Take every line containing "antt" out of the records.

[Stored data entries]
»»

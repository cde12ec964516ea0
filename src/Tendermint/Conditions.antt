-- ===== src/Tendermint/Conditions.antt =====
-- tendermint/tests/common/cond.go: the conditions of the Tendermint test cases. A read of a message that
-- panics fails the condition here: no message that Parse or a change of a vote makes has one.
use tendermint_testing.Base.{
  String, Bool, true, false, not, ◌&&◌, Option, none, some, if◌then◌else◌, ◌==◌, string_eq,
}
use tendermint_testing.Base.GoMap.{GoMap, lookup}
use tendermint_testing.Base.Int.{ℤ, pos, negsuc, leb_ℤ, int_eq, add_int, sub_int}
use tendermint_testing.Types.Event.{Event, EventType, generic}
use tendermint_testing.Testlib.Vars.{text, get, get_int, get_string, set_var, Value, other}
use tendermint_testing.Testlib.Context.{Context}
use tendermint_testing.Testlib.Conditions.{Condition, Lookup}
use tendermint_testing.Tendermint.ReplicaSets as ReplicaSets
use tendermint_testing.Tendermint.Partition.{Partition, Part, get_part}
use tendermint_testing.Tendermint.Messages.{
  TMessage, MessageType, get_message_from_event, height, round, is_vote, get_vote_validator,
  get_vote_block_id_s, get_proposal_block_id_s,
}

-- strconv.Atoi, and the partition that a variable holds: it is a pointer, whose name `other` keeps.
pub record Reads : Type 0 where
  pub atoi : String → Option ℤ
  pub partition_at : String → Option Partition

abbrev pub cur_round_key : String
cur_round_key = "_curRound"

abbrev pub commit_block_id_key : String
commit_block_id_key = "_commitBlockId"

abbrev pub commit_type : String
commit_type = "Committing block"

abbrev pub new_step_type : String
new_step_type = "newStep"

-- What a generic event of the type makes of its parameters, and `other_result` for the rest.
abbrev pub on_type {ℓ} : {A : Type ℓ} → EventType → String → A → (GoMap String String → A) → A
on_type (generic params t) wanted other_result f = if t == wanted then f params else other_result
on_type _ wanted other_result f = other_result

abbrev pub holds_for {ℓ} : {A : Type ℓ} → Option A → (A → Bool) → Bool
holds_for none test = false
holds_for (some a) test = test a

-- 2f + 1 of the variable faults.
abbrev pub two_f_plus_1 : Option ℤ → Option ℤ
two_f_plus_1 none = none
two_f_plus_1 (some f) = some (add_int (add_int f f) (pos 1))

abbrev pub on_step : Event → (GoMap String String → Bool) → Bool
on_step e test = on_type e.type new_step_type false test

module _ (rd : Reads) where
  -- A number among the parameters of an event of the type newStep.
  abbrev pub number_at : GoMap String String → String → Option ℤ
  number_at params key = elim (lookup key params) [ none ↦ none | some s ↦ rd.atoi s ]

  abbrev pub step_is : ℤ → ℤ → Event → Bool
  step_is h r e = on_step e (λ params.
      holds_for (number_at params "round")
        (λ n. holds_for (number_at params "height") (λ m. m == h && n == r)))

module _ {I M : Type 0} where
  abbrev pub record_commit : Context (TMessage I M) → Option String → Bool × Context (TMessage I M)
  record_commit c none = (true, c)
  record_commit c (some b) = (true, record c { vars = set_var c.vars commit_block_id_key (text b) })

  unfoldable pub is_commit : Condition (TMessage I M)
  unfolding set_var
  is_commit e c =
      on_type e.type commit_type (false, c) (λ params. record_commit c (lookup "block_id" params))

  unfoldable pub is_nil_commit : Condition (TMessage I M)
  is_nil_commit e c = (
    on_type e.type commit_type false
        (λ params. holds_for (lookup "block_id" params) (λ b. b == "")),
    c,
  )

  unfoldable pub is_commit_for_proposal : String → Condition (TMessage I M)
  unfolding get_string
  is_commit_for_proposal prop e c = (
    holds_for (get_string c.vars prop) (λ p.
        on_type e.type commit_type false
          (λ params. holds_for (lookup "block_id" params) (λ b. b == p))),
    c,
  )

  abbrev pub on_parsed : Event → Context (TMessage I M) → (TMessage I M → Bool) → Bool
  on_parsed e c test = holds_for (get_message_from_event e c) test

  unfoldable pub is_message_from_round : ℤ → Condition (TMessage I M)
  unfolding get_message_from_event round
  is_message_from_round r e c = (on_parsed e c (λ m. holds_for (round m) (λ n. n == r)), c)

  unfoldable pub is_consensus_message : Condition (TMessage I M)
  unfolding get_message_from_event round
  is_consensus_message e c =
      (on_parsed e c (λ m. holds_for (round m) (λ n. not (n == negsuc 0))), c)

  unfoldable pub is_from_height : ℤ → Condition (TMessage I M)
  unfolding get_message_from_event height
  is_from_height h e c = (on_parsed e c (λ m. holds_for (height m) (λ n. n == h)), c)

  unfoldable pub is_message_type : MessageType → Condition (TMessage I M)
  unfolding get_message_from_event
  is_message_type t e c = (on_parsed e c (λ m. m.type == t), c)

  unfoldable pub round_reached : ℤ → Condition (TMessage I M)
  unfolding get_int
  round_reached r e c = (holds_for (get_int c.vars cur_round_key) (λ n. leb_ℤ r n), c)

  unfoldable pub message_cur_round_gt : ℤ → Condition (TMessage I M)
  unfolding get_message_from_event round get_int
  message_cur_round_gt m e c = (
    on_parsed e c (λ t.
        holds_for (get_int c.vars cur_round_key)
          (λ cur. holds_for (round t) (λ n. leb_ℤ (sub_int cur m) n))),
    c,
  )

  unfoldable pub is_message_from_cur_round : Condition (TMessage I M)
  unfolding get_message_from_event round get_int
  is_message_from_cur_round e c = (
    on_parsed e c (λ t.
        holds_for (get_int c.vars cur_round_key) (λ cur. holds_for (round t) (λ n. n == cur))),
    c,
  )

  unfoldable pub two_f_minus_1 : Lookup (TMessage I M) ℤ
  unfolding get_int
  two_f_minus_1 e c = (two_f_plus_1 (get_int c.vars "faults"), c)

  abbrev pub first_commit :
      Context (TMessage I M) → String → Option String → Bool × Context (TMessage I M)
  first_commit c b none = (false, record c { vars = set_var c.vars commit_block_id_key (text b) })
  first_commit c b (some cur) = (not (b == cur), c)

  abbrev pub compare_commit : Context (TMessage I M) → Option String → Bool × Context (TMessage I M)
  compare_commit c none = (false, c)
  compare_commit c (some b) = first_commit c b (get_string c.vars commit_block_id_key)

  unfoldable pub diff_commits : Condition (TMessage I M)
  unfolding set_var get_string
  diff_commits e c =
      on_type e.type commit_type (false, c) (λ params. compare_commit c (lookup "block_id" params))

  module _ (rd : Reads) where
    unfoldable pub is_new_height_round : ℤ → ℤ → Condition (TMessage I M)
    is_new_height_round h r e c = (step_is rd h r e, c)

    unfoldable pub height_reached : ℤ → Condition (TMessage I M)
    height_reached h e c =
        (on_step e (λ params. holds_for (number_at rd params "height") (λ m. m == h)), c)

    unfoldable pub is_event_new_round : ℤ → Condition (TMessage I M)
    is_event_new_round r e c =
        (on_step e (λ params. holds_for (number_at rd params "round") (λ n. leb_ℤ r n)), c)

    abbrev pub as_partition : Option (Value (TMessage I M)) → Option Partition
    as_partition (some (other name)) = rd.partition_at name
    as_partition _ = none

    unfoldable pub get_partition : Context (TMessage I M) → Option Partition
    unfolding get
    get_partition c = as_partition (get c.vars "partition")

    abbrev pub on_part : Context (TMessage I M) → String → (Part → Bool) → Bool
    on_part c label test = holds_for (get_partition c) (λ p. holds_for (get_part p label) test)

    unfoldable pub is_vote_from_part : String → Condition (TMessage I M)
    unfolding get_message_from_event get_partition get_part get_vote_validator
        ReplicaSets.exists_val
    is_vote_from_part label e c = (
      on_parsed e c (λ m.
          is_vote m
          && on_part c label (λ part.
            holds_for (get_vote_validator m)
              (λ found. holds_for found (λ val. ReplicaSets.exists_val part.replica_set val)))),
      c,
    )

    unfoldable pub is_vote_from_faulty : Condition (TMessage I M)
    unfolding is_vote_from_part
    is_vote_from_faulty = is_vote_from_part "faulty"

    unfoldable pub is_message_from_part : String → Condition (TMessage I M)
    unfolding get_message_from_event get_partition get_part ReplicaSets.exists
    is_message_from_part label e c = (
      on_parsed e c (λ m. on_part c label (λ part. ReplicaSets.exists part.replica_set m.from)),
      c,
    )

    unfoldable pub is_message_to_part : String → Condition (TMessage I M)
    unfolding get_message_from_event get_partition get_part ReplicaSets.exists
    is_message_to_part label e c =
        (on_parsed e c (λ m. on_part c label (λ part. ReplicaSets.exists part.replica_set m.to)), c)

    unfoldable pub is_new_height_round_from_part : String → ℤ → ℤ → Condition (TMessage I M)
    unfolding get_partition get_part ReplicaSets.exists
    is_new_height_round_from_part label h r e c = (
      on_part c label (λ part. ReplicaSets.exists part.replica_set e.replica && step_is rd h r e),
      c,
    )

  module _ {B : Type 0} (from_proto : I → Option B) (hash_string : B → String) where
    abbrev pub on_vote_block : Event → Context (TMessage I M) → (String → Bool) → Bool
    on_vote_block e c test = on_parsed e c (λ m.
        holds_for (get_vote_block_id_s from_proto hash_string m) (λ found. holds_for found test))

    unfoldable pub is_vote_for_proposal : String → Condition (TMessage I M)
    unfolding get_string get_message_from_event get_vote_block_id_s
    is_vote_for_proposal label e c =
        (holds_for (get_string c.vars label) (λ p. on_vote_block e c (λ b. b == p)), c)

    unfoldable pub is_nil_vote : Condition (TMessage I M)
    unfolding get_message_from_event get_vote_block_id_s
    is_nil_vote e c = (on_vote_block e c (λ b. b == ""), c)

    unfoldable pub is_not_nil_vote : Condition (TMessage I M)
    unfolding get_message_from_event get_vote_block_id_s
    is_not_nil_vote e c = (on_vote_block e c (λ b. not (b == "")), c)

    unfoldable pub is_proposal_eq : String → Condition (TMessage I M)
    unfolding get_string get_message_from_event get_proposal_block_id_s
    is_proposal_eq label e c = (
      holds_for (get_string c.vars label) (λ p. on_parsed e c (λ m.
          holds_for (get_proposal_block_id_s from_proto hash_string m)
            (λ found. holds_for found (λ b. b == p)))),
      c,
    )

««

Written answer:
filename src/Tendermint/Conditions.antt
-- ===== src/Tendermint/Conditions.antt =====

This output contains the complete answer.